Developer on Alibaba Coud: Build your first app with APIs, SDKs, and tutorials on the Alibaba Cloud. Read more ＞

The recent tossing index engine and data statistics work a lot, and Python dictionary frequently dealing with, so that a copy of this aspect of the API usage and the pit law record.

The indexing engine works by inverted indexes, which in turn map the text contained in a document to the document; This algorithm does not have too many tricks to say, in order to increase efficiency, index data can be moved into memory, this method can effect Wang Xianzhi XI calligraphy, as long as the 18 machine memory full, then the basic will be successful. And the basic idea for a simple example, now has the following document (participle has been completed) and its inclusion of the keywords

  Doc_a: [Word_w, Word_x, word_y]  doc_b: [word_x, Word_z]  doc_c: [word_y]

Transform it to

  Word_w, [doc_a]  word_x, [Doc_a, Doc_b]  word_y, [Doc_a, Doc_c]  word_z, [Doc_b]

Written in Python code, it is

Doc_a = {' id ': ' A ', ' words ': [' word_w ', ' word_x ', ' word_y ']} Doc_b = {' id ': ' B ', ' Words ': [' word_x ', ' Word_z ']} doc_c = {' Id ': ' C ', ' Words ': [' word_y ']}  docs = [Doc_a, Doc_b, doc_c] indices = Dict () for  doc in docs: for   word in doc[ ' Words ':     if Word not in indices:       Indices[word] = []     indices[word].append (doc[' id '])  print Indices

But here's a little trick, which is to determine whether the current word is already in the index dictionary branch

If Word not in indices:   Indices[word] = []

Can be replaced by the Dict SetDefault (key, Default=none) interface.

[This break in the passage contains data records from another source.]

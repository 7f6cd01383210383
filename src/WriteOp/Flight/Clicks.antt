-- ===== src/WriteOp/Flight/Clicks.antt =====
-- The page's calls and the login listener (web/src/lib/api/writeOp.ts): each changes nothing,
-- begins a new run, or acts in a phase in which nothing is in flight.
use zte_u60_pro_mu5250_manag.Common.{
  ℕ, ◌+◌, ◌≤◌, ◌<◌, ◌≡◌, ◌≢◌, refl, sym, ◌⊎◌, inl, inr, Bool, true, false, ◌&&◌, Option, none, some,
  List, map, All, Bool-cases, Option-cases, length-map, arith,
}
use mathlib.Core.Path.{subst}
use zte_u60_pro_mu5250_manag.WriteOp.State.{
  Phase, ReloginFor, StepState, WriteOpState, initial_write_op, busy_phase, resubmittable,
  is_confirming, is_relogin, is_tier1,
}
use zte_u60_pro_mu5250_manag.WriteOp.Reducer.{write_op_reducer, start_run, fresh_step, restart_step}
use zte_u60_pro_mu5250_manag.WriteOp.Controller.{WriteOpConfig, Ctl, Task, run_verify, run_steps}
use zte_u60_pro_mu5250_manag.WriteOp.Actions.{start, confirm, cancel, resubmit, reset, handle_login}
use zte_u60_pro_mu5250_manag.WriteOp.StepLists.{IsReady, Ready-fresh, Ready-restart}
use zte_u60_pro_mu5250_manag.WriteOp.Flight.Facts.{
  Matches, Facts, Sound, Good, Facts-of, Matches-length,
}
use zte_u60_pro_mu5250_manag.WriteOp.Flight.Launch.{run_verify-Good, run_steps-Good}
use zte_u60_pro_mu5250_manag.WriteOp.Flight.Numbers.{run_steps-Grows, run_verify-Grows}

-- The phases in which a task of the current run may be in flight.
abbrev pub live_phase : Phase → Bool
live_phase Phase.submitting = true
live_phase Phase.verifying = true
live_phase Phase.wait_device = true
live_phase Phase.unknown = true
live_phase _ = false

abbrev pub Acts : Bool → Ctl → Ctl × Option Task → Type 0
Acts loose c r =
    (r ≡ (c, none))
    ⊎ (Good loose r
        × (r.0.attached ≡ c.attached)
        × ((c.state.run_id < r.0.state.run_id)
            ⊎ ((live_phase c.state.phase ≡ false) × (c.state.run_id ≤ r.0.state.run_id))))

-- A run that begins.
new_run :
    (loose : Bool) (d : Ctl) (now n : ℕ)
    → d.state.phase ≡ Phase.submitting
    → Matches d.cfg d.state.steps
    → All IsReady d.state.steps
    → n < d.state.run_id
    → Good loose (run_steps d now)
      × ((run_steps d now).0.attached ≡ d.attached)
      × (n < (run_steps d now).0.state.run_id)
new_run loose d now n p m u h = (
  run_steps-Good loose d now p m u,
  (run_steps-Grows d now).1,
  omega (arith, run_steps-Grows d now),
)

Acts-as :
    (loose : Bool) (c : Ctl) (r q : Ctl × Option Task) → r ≡ q → Acts loose c q → Acts loose c r
Acts-as loose c r q e a = subst (Acts loose c) (sym e) a

pub start-Acts :
    (loose : Bool) (c : Ctl) (k : WriteOpConfig) (now : ℕ) → Acts loose c (start c k now)
unfolding start write_op_reducer
start-Acts loose c k now =
    let fresh : List StepState = map fresh_step k.steps in
    let base : WriteOpState = record initial_write_op {
      tier = k.tier;
      steps = fresh;
      run_id = c.state.run_id + 1;
    } in
    let ml = length-map k.steps fresh_step in
    elim (Bool-cases (busy_phase c.state.phase)) [
      | inl busy ↦ inl (ground arith)
      | inr idle ↦ elim (Bool-cases (is_tier1 k.tier)) [
        | inl one ↦
            let d : Ctl = record c {
              cfg = some k;
              state = record base { phase = Phase.submitting };
            } in
            let (g, a, n) =
              new_run loose d now c.state.run_id refl ml (Ready-fresh k.steps) (omega arith) in
            Acts-as loose c (start c k now) (run_steps d now) (ground arith) (inr (g, a, inl n))
        | inr more ↦
            let d : Ctl = record c {
              cfg = some k;
              state = record base { phase = Phase.confirming };
            } in
            Acts-as loose c (start c k now) (d, none) (ground arith)
              (inr (((ml, Ready-fresh k.steps), inr refl), refl, inl (omega arith)))
      ]
    ]

pub confirm-Acts : (loose : Bool) (c : Ctl) (now : ℕ) → Sound c → Acts loose c (confirm c now)
unfolding confirm write_op_reducer
confirm-Acts loose c now f = elim (Bool-cases (is_confirming c.state.phase)) [
  | inr other ↦ inl (ground arith)
  | inl asks ↦
      let (m, u) = Facts-of Phase.confirming c.state c.cfg (ground arith) f in
      let d : Ctl = record c { state = record (c.state) { phase = Phase.submitting } } in
      Acts-as loose c (confirm c now) (run_steps d now) (ground arith) (
        inr (
          run_steps-Good loose d now refl m u,
          (run_steps-Grows d now).1,
          inr (ground arith, (run_steps-Grows d now).0),
        ))
]

pub cancel-Acts : (loose : Bool) (c : Ctl) → Acts loose c (cancel c)
unfolding cancel write_op_reducer
cancel-Acts loose c = elim (Bool-cases (is_confirming c.state.phase)) [
  | inr other ↦ inl (ground arith)
  | inl asks ↦
      let d : Ctl = record c { state = record (c.state) { phase = Phase.idle } } in
      Acts-as loose c (cancel c) (d, none) (ground arith)
        (inr ((tt, inr refl), refl, inr (ground arith, omega arith)))
]

pub reset-Acts : (loose : Bool) (c : Ctl) → Acts loose c (reset c)
unfolding reset write_op_reducer
reset-Acts loose c = inr ((tt, inr refl), refl, inl (omega arith))

-- `startRun` from a phase in which the steps are those of the configuration.
restart-Acts :
    (loose : Bool) (c : Ctl) (now : ℕ)
    → Matches c.cfg c.state.steps
    → Acts loose c (run_steps (record c { state = start_run c.state }) now)
unfolding start_run
restart-Acts loose c now m =
    let xs = c.state.steps in
    let d : Ctl = record c { state = start_run c.state } in
    let (g, a, n) =
      new_run loose d now c.state.run_id refl
        (Matches-length c.cfg xs (map restart_step xs) (length-map xs restart_step) m)
        (Ready-restart xs) (omega arith) in
    inr (g, a, inl n)

resubmittable-Matches :
    (p : Phase) (s : WriteOpState) (k : Option WriteOpConfig)
    → resubmittable p ≡ true
    → Facts p s k
    → Matches k s.steps
resubmittable-Matches Phase.partial s k h f = f
resubmittable-Matches Phase.resubmit_ready s k h f = f
resubmittable-Matches Phase.failed s k h f = f
resubmittable-Matches _ s k h f = absurd (ground arith)

pub resubmit-Acts : (loose : Bool) (c : Ctl) (now : ℕ) → Sound c → Acts loose c (resubmit c now)
unfolding resubmit write_op_reducer
resubmit-Acts loose c now f = elim (Option-cases c.cfg) [
  | inl e ↦ inl (ground arith)
  | inr (k, e) ↦ elim (Bool-cases (resubmittable c.state.phase)) [
    | inr other ↦ inl (ground arith)
    | inl can ↦
        Acts-as loose c (resubmit c now) (run_steps (record c { state = start_run c.state }) now)
          (ground arith)
          (restart-Acts loose c now (resubmittable-Matches c.state.phase c.state c.cfg can f))
  ]
]

-- A login that resumes the submission: tier 1 at once, the others by a click.
resume_submit :
    (loose : Bool) (c : Ctl) (now : ℕ)
    → c.listening ≡ true
    → c.state.phase ≡ Phase.relogin
    → c.state.relogin_for ≢ some ReloginFor.verify
    → Sound c
    → Acts loose c (handle_login c now)
unfolding handle_login write_op_reducer
resume_submit loose c now l p ne f =
    let (m, _) = Facts-of Phase.relogin c.state c.cfg p f in
    elim (Bool-cases (is_tier1 c.state.tier)) [
      | inl one ↦
          Acts-as loose c (handle_login c now)
            (run_steps (record c { state = start_run c.state }) now) (ground arith)
            (restart-Acts loose c now m)
      | inr more ↦
          let d : Ctl = record c {
            state = record (c.state) { phase = Phase.resubmit_ready; relogin_for = none };
          } in
          Acts-as loose c (handle_login c now) (d, none) (ground arith)
            (inr ((m, inr refl), refl, inr (ground arith, omega arith)))
    ]

login-Acts :
    (loose : Bool) (c : Ctl) (now : ℕ) (o : Option ReloginFor)
    → c.listening ≡ true
    → c.state.phase ≡ Phase.relogin
    → c.state.relogin_for ≡ o
    → Sound c
    → Acts loose c (handle_login c now)
unfolding handle_login write_op_reducer
login-Acts loose c now (some ReloginFor.verify) l p e f =
    let (m, back) = Facts-of Phase.relogin c.state c.cfg p f in
    let (st, v) = back e in
    let d : Ctl = record c {
      state = record (c.state) {
        phase = Phase.verifying;
        relogin_for = none;
        error = none;
        error_en = none;
        error_kind = none;
        run_id = c.state.run_id + 1;
      };
    } in
    Acts-as loose c (handle_login c now) (run_verify d) (ground arith) (
      inr (
        run_verify-Good loose d refl (m, st, v),
        ground (arith, run_verify-Grows d),
        inl (ground (arith, run_verify-Grows d)),
      ))
login-Acts loose c now (some ReloginFor.submit) l p e f = resume_submit loose c now l p (λ h. cc) f
login-Acts loose c now none l p e f = resume_submit loose c now l p (λ h. cc) f

pub handle_login-Acts :
    (loose : Bool) (c : Ctl) (now : ℕ) → Sound c → Acts loose c (handle_login c now)
unfolding handle_login
handle_login-Acts loose c now f = elim (Bool-cases (c.listening && is_relogin c.state.phase)) [
  | inr other ↦ inl (ground arith)
  | inl now_in ↦ login-Acts loose c now c.state.relogin_for (ground arith) (ground arith) refl f
]
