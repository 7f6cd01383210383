-- ===== src/WriteOp/Flight/Sessions.antt =====
-- Whole histories of a controller (web/src/lib/api/writeOp.ts): any calls of the page, logins and
-- answers, in any order.
use mathlib.Core.Path.{subst}
use zte_u60_pro_mu5250_manag.Common.{
  ℕ, suc, ◌≤◌, ◌<◌, ◌≡◌, refl, sym, inl, inr, Bool, true, false, Option, none, some, List, [], ◌∷◌,
  filter, All, Bool-cases, ◌==◌, arith,
}
use zte_u60_pro_mu5250_manag.WriteOp.State.{WriteOpState}
use zte_u60_pro_mu5250_manag.WriteOp.Controller.{WriteOpConfig, Ctl, Mode, Task, task_run}
use zte_u60_pro_mu5250_manag.WriteOp.Session.{Session, spawn}
use zte_u60_pro_mu5250_manag.WriteOp.Flight.Facts.{Sound, Carries, Fits, ModeFits, Good}
use zte_u60_pro_mu5250_manag.WriteOp.Flight.Answers.{IsHeld}
use zte_u60_pro_mu5250_manag.WriteOp.Flight.Clicks.{live_phase, Acts}

-- The tasks of a run.
abbrev pub tasks_of : ℕ → List Task → List Task
tasks_of n ts = filter (λ t. task_run t == n) ts

-- What is in flight for the current run: requests, readbacks, probes and sleeps.
abbrev pub in_flight : Session → List Task
in_flight s = tasks_of s.ctl.state.run_id s.tasks

abbrev pub CarriesAll : Bool → Ctl → List Task → Type 0
CarriesAll loose c [] = Carries loose c none
CarriesAll loose c (t ∷ []) = Carries loose c (some t)
CarriesAll loose c (t ∷ u ∷ ts) = ⊥

pub record Inv (loose : Bool) (s : Session) : Type 0 where
  pub sound : Sound s.ctl
  pub held : IsHeld loose s.ctl
  pub old : All (λ t. task_run t ≤ s.ctl.state.run_id) s.tasks
  pub flight : CarriesAll loose s.ctl (in_flight s)

older : (n : ℕ) (ts : List Task) → All (λ t. suc (task_run t) ≤ n) ts → tasks_of n ts ≡ []
older n [] h = refl
older n (t ∷ ts) (h, hs) = ground (arith, older n ts hs)

pub older-le :
    (m n : ℕ) (ts : List Task) → m ≤ n → All (λ t. task_run t ≤ m) ts → All (λ t. task_run t ≤ n) ts
older-le m n [] h a = tt
older-le m n (t ∷ ts) h (a, as') = (omega arith, older-le m n ts h as')

older-lt :
    (m n : ℕ) (ts : List Task)
    → m < n
    → All (λ t. task_run t ≤ m) ts
    → All (λ t. suc (task_run t) ≤ n) ts
older-lt m n [] h a = tt
older-lt m n (t ∷ ts) h (a, as') = (omega arith, older-lt m n ts h as')

-- A task in flight puts the phase among the live ones.
mode-live_phase :
    (m : Mode) (k : WriteOpConfig) (s : WriteOpState) → ModeFits m k s → live_phase s.phase ≡ true
mode-live_phase Mode.wait k s p = ground arith
mode-live_phase Mode.reconfirm k s p = ground arith

Fits-live_phase :
    (t : Task) (s : WriteOpState) (c : Option WriteOpConfig)
    → Fits t s c
    → live_phase s.phase ≡ true
Fits-live_phase (Task.step_running k r i) s c f = ground arith
Fits-live_phase (Task.verify_running r a) s c f = ground arith
Fits-live_phase (Task.loop_sleeping l) s c f = mode-live_phase l.mode l.cfg s f.1
Fits-live_phase (Task.loop_probing l) s c f = mode-live_phase l.mode l.cfg s f.1
Fits-live_phase (Task.loop_verifying l) s c f = mode-live_phase l.mode l.cfg s f.0.1

pub nothing_live :
    (loose : Bool) (c : Ctl) (ts : List Task)
    → CarriesAll loose c ts
    → live_phase c.state.phase ≡ false
    → ts ≡ []
nothing_live loose c [] f h = refl
nothing_live loose c (t ∷ []) f h = absurd (ground (arith, Fits-live_phase t c.state c.cfg f.1))
nothing_live loose c (t ∷ u ∷ ts) f h = absurd f

-- The tasks after a call whose result begins a run, or finds none in flight.
pub tasks_after :
    (m n : ℕ) (ts : List Task)
    → m ≤ n
    → All (λ t. task_run t ≤ m) ts
    → (m ≡ n → tasks_of m ts ≡ [])
    → tasks_of n ts ≡ []
tasks_after m n ts h a same = elim (Bool-cases (m == n)) [
  | inl e ↦ let q : m ≡ n = ground arith in subst (λ x. tasks_of x ts ≡ []) q (same q)
  | inr ne ↦ older n ts (older-lt m n ts (ground arith) a)
]

-- A good result and no other task in flight make the invariant.
pub spawn-Inv :
    (loose : Bool) (ts : List Task) (c : Ctl) (o : Option Task)
    → Good loose (c, o)
    → IsHeld loose c
    → All (λ t. task_run t ≤ c.state.run_id) ts
    → tasks_of c.state.run_id ts ≡ []
    → Inv loose (spawn ts (c, o))
spawn-Inv loose ts c none g h a e = record {
  sound = g.0;
  held = h;
  old = a;
  flight = subst (CarriesAll loose c) (sym e) g.1;
}
spawn-Inv loose ts c (some t) g h a e =
    let only : t ∷ [] ≡ tasks_of c.state.run_id (t ∷ ts) = ground (arith, e, g.1.0) in
    record {
      sound = g.0;
      held = h;
      old = (omega (arith, g.1.0), a);
      flight = subst (CarriesAll loose c) only g.1;
    }

-- A call of the page.
pub Acts-Inv :
    (loose : Bool) (s : Session) (r : Ctl × Option Task)
    → Inv loose s
    → Acts loose s.ctl r
    → Inv loose (spawn s.tasks r)
Acts-Inv loose s r v (inl same) = subst (λ q. Inv loose (spawn s.tasks q)) (sym same) v
Acts-Inv loose s r v (inr (g, att, inl grows)) =
    spawn-Inv loose s.tasks r.0 r.1 g (ground (arith, v.held))
      (older-le s.ctl.state.run_id r.0.state.run_id s.tasks (omega arith) v.old)
      (tasks_after s.ctl.state.run_id r.0.state.run_id s.tasks (omega arith) v.old
        (λ q. absurd (omega arith)))
Acts-Inv loose s r v (inr (g, att, inr (quiet, le))) =
    spawn-Inv loose s.tasks r.0 r.1 g (ground (arith, v.held))
      (older-le s.ctl.state.run_id r.0.state.run_id s.tasks le v.old)
      (tasks_after s.ctl.state.run_id r.0.state.run_id s.tasks le v.old
        (λ q. nothing_live loose s.ctl (in_flight s) v.flight quiet))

The function of this interface is, if key is in the dictionary, then say, take out the corresponding value; Otherwise, this key is created, and the default corresponding value is set. But in terms of design, I do not understand why the default value of None, does not seem to make much sense, if you really want to use this interface, the general will bring the default value it, as follows

For doc in docs:   for word in doc[' words ':     indices. SetDefault (Word, []). Append (doc[' id ')

This saves the branching and the code looks much less.
In some cases, however, SetDefault is not easy to use: When the default value is constructed very complex, or the default value has side effects, and a later case; The first two cases are word, that is, SetDefault does not apply to default scenarios where lazy evaluation is required. In other words, to take into account this need, SetDefault may be designed

def setdefault (self, Key, default_factory):   If key isn't in self:     self[key] = default_factory ()   return self[ Key

If this is true, then the code above should be changed to

For doc in docs:   for word in doc[' words ':     indices.setdefault (Word, list). Append (doc[' id '])

But there are actually other alternatives, which will be mentioned at the end.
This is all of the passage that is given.